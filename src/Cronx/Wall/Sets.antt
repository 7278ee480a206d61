-- ===== src/Cronx/Wall/Sets.antt =====
-- sort.SearchInts finds the least member that is not less; nothing is between.
use paceq.Base.{
  ℕ, ◌≤◌, ◌<◌, ◌≡◌, refl, sym, true, false, List, [], ◌∷◌, none, some, inl, inr, arith,
}
use paceq.Base.Tests.{ltb, leb, Bool-cases}
use paceq.Base.Lists.{get_elem?}
use paceq.Cronx.Wall.{search_ints, contains_int}

abbrev pub In : List ℕ → ℕ → Type 0
In set v = contains_int set v ≡ true

-- `v` is the least member from `x` on.
pub record IsLeastFrom (set : List ℕ) (x v : ℕ) : Type 0 where
  pub bound : x ≤ v
  pub member : In set v
  pub least : (u : ℕ) → x ≤ u → In set u → v ≤ u

contains_nil : (u : ℕ) → contains_int [] u ≡ false
unfolding contains_int
contains_nil u = refl

contains_here : (set : List ℕ) (a : ℕ) → contains_int (a ∷ set) a ≡ true
unfolding contains_int search_ints
contains_here set a = ground arith

contains_head : (set : List ℕ) (a u : ℕ) → contains_int (a ∷ set) u ≡ true → a ≤ u
unfolding contains_int search_ints
contains_head set a u h = ground arith

contains_tail : (set : List ℕ) (a u : ℕ) → a < u → contains_int (a ∷ set) u ≡ contains_int set u
unfolding contains_int search_ints
contains_tail set a u h = ground arith

pub search_least :
    (set : List ℕ) (x v : ℕ) → get_elem? set (search_ints set x) ≡ some v → IsLeastFrom set x v
unfolding search_ints
search_least [] x v h = absurd (cc)
search_least (a ∷ set) x v h = elim (Bool-cases (leb x a)) [
  | inl le ↦
      let same : a ≡ v = ground arith in
      record {
        bound = ground arith;
        member = rw (sym same) (contains_here set a);
        least = λ u _ m. rw (sym same) (contains_head set a u m);
      }
  | inr gt ↦
      let rest = search_least set x v (ground arith) in
      let bound = rest.bound in
      record {
        bound = bound;
        member = rw (contains_tail set a v (ground arith)) rest.member;
        least = λ u le m. rest.least u le (rw (contains_tail set a u (ground arith)) at m);
      }
]

pub search_none :
    (set : List ℕ) (x u : ℕ)
    → get_elem? set (search_ints set x) ≡ none
    → x ≤ u
    → contains_int set u ≡ false
unfolding search_ints
search_none [] x u h le = contains_nil u
search_none (a ∷ set) x u h le =
    let behind : ltb a u ≡ true = ground arith in
    rw (contains_tail set a u (ground arith)) (search_none set x u (ground arith) le)

-- The first number of a set that lists its least number first, as a sorted one does.
pub first_least :
    (set : List ℕ) (v : ℕ) → get_elem? set 0 ≡ some v → In set v × ((u : ℕ) → In set u → v ≤ u)
first_least [] v h = absurd (cc)
first_least (a ∷ set) v h =
    let same : a ≡ v = ground arith in
    (rw (sym same) (contains_here set a), λ u m. rw (sym same) (contains_head set a u m))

◆ ◆ ◆

▶ **EXERCISE PROMPT**
Look above for the line with "let rest = search_least" and the line with "search_none (a ∷". Retype those two lines and every line between them exactly, adding nothing.

▶ **ANSWER BOX**
      let rest = search_least set x v (ground arith) in
      let bound = rest.bound in
      record {
        bound = bound;
        member = rw (contains_tail set a v (ground arith)) rest.member;
        least = λ u le m. rest.least u le (rw (contains_tail set a u (ground arith)) at m);
      }
]

pub search_none :
    (set : List ℕ) (x u : ℕ)
    → get_elem? set (search_ints set x) ≡ none
    → x ≤ u
    → contains_int set u ≡ false
unfolding search_ints
search_none [] x u h le = contains_nil u
search_none (a ∷ set) x u h le =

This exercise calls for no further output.